## PROMPT
Show every line of the data that contains the string "true".

***** EXTRACTED MATERIAL *****

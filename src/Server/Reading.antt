-- ===== src/Server/Reading.antt =====
-- RTMPSession::HandleMessage, the handshake, OnRead and OnClose (server/rtmp.cc).
use live_streaming.Base.{
  ℕ, ◌/◌, ◌%◌, ◌^◌, Bool, true, false, List, ◌==◌, ◌||◌, if◌then◌else◌, Option, none, some, update,
}
use live_streaming.Result.{Result, ok, throws, aborts, faults, exhausted, ◌>>=◌}
use live_streaming.Stream.{ByteStream, Stream, open_stream, commit}
use live_streaming.Stream
use live_streaming.Chunk.{Message}
use live_streaming.Handshake.{
  CommonHandshakeMessage, serialize_version, deserialize_version, serialize_handshake,
  deserialize_handshake,
}
use live_streaming.Command.{deserialize_command}
use live_streaming.Room.{Send}
use live_streaming.Room.Manager.{RoomManager, close_room, leave_room}
use live_streaming.Room.Manager
use live_streaming.Session.{
  RtmpSession, uninitialized, version_sent, ack_sent, handshake_done, undefined, pull, push,
  Environment, append_output, set_need_close, write,
}
use live_streaming.Session.Chunks.{read_chunk, is_complete, finish_message}
use live_streaming.Server.World.{World, on_session, make_sends}
use live_streaming.Server.Commands.{handle_command_message}

-- What a room manager's call did to the manager, and then the calls on sessions that it made.
unfoldable pub with_sends : Environment → World → Result (RoomManager × List Send) → Result World
with_sends env w r = r >>= λ (manager, sends). make_sends env sends (record w { manager = manager })

-- A command message: one that cannot be parsed closes the connection.
unfoldable pub handle_command_payload :
    Environment → ℕ → List ℕ → RtmpSession → World → Result World
handle_command_payload env key payload s w = elim (deserialize_command (open_stream payload)) [
  | ok (c, bs) ↦ handle_command_message env key c s w
  | throws ↦ on_session key (λ s'. ok (set_need_close s')) w
  | aborts ↦ aborts
  | faults ↦ faults
  | exhausted ↦ exhausted
]

-- HandleMessage. The objects of a metadata message are parsed for the log alone.
unfoldable pub handle_message : Environment → ℕ → Message → RtmpSession → World → Result World
unfolding with_sends handle_command_payload
handle_message env key msg s w =
    if msg.type == 3
    then ok w
    else if msg.type == 8 || msg.type == 9
    then with_sends env w (Manager.add_data s.room_id msg.type msg.timestamp msg.payload w.manager)
    else if msg.type == 18
    then with_sends env w (Manager.init_meta_data s.room_id msg.payload w.manager)
    else if msg.type == 20
    then handle_command_payload env key msg.payload s w
    else ok w

-- What a handler of the read event returns, with the session.
abbrev pub Reply : Type 0
Reply = Result (RtmpSession × Bool)

abbrev pub flush : Environment → ℕ → Stream (Unit {0}) → RtmpSession → Reply
flush env key w s = append_output w s >>= λ s'. ok (write env key s')

unfoldable pub send_s0_and_s1 : Environment → ℕ → RtmpSession → Reply
send_s0_and_s1 env key s =
    let s1 = record (s.s1) { timestamp = env.uptime / 1000 % 2 ^ 32; timestamp_sent = 0 } in
    flush env key (Stream.◌>>◌ (serialize_version 3) (serialize_handshake s1))
      (record s { s1 = s1 })

unfoldable pub send_s2 : Environment → ℕ → RtmpSession → Reply
send_s2 env key s =
    let s2 : CommonHandshakeMessage = record {
      timestamp = s.c1.timestamp;
      timestamp_sent = s.s1.timestamp;
      random_data = s.c1.random_data;
    } in
    flush env key (serialize_handshake s2) (record s { s2 = s2 })

-- One message off the read buffer, into c1 or c2. Where the bytes do not suffice they stay.
unfoldable pub read_handshake :
    CommonHandshakeMessage → RtmpSession → CommonHandshakeMessage × Option (List ℕ)
read_handshake old s =
    let (m, outcome) = deserialize_handshake old (open_stream s.read_data_buffer) in
    elim outcome [ ok bs ↦ (m, some (commit bs).bytes) | _ ↦ (m, none) ]

-- Whether the state was left, and if so what was returned then.
pub data HandshakeStep : Type 0 where
  stays : RtmpSession → Bool → HandshakeStep
  goes_on : RtmpSession → HandshakeStep

unfoldable pub after_send : Reply → (RtmpSession → RtmpSession) → Result HandshakeStep
after_send r next = r >>= λ (s, sent). ok (if sent then goes_on (next s) else stays s false)

unfoldable pub step_uninitialized : Environment → ℕ → RtmpSession → Result HandshakeStep
unfolding send_s0_and_s1 after_send
step_uninitialized env key s = elim (deserialize_version s.c0 (open_stream s.read_data_buffer)) [
  | ok (version, bs) ↦
      let s' = record s { c0 = version; read_data_buffer = (commit bs).bytes } in
      if version == 3
      then after_send (send_s0_and_s1 env key s') (λ s''. record s'' { state = version_sent })
      else ok (stays s' false)
  | _ ↦ ok (stays s true)
]

unfoldable pub step_version_sent : Environment → ℕ → RtmpSession → Result HandshakeStep
unfolding send_s2 read_handshake after_send
step_version_sent env key s =
    let (m, outcome) = read_handshake s.c1 s in
    let s' = record s { c1 = m } in
    elim outcome [
      | none ↦ ok (stays s' true)
      | some left ↦
          after_send (send_s2 env key (record s' { read_data_buffer = left }))
            (λ s''. record s'' { state = ack_sent })
    ]

unfoldable pub step_ack_sent : RtmpSession → HandshakeStep
unfolding read_handshake
step_ack_sent s =
    let (m, outcome) = read_handshake s.c2 s in
    let s' = record s { c2 = m } in
    elim outcome [
      | none ↦ stays s' true
      | some left ↦ goes_on (record s' { read_data_buffer = left; state = handshake_done })
    ]

abbrev pub store : ℕ → RtmpSession → World → World
store key s w = record w { sessions = update w.sessions key s }

-- One chunk, and the message that it completes.
unfoldable pub on_read_in_handshake_done_state :
    Environment → ℕ → RtmpSession → World → Result (World × Bool)
on_read_in_handshake_done_state env key s w = elim (read_chunk s) [
  | ok (none, bs) ↦ ok (w, false)
  | ok (some t, bs) ↦
      if is_complete t.message
      then (handle_message env key t.message t.session (store key t.session w) >>= λ w'.
          on_session key (λ s'. ok (finish_message t.msg_id t.timestamp s')) w' >>= λ w''.
          ok (w'', true))
      else ok (store key t.session w, true)
  | throws ↦ ok (w, true)
  | aborts ↦ aborts
  | faults ↦ faults
  | exhausted ↦ exhausted
]

-- A handshake handler goes on with the next one at once.
abbrev pub then_next :
    ℕ → World → Result HandshakeStep → (RtmpSession → Result (World × Bool)) → Result (World × Bool)
then_next key w r next =
    r >>= elim [ stays s reply ↦ ok (store key s w, reply) | goes_on s ↦ next s ]

unfoldable pub on_read_in_ack_sent_state :
    Environment → ℕ → World → RtmpSession → Result (World × Bool)
unfolding step_ack_sent
on_read_in_ack_sent_state env key w s =
    then_next key w (ok (step_ack_sent s))
      (λ s'. on_read_in_handshake_done_state env key s' (store key s' w))

unfoldable pub on_read_in_version_sent_state :
    Environment → ℕ → World → RtmpSession → Result (World × Bool)
unfolding step_version_sent on_read_in_ack_sent_state
on_read_in_version_sent_state env key w s =
    then_next key w (step_version_sent env key s) (on_read_in_ack_sent_state env key w)

unfoldable pub on_read_in_uninitialized_state :
    Environment → ℕ → World → RtmpSession → Result (World × Bool)
unfolding step_uninitialized on_read_in_version_sent_state
on_read_in_uninitialized_state env key w s =
    then_next key w (step_uninitialized env key s) (on_read_in_version_sent_state env key w)

unfoldable pub on_read : Environment → ℕ → RtmpSession → World → Result (World × Bool)
unfolding on_read_in_uninitialized_state on_read_in_handshake_done_state
on_read env key s w = elim s.state [
  | uninitialized ↦ on_read_in_uninitialized_state env key w s
  | version_sent ↦ on_read_in_version_sent_state env key w s
  | ack_sent ↦ on_read_in_ack_sent_state env key w s
  | handshake_done ↦ on_read_in_handshake_done_state env key s w
]

unfoldable pub on_close : ℕ → RtmpSession → World → Result World
on_close key s w = elim s.type [
  | pull ↦ leave_room s.room_id key w.manager >>= λ m. ok (record w { manager = m })
  | push ↦ ok (record w { manager = close_room s.room_id w.manager })
  | undefined ↦ ok w
]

*****

## RESPONSE AREA
  ℕ, ◌/◌, ◌%◌, ◌^◌, Bool, true, false, List, ◌==◌, ◌||◌, if◌then◌else◌, Option, none, some, update,
  | _ ↦ ok (stays s true)
      | none ↦ ok (stays s' true)
      | none ↦ stays s' true
          ok (w'', true))
      else ok (store key t.session w, true)
  | throws ↦ ok (w, true)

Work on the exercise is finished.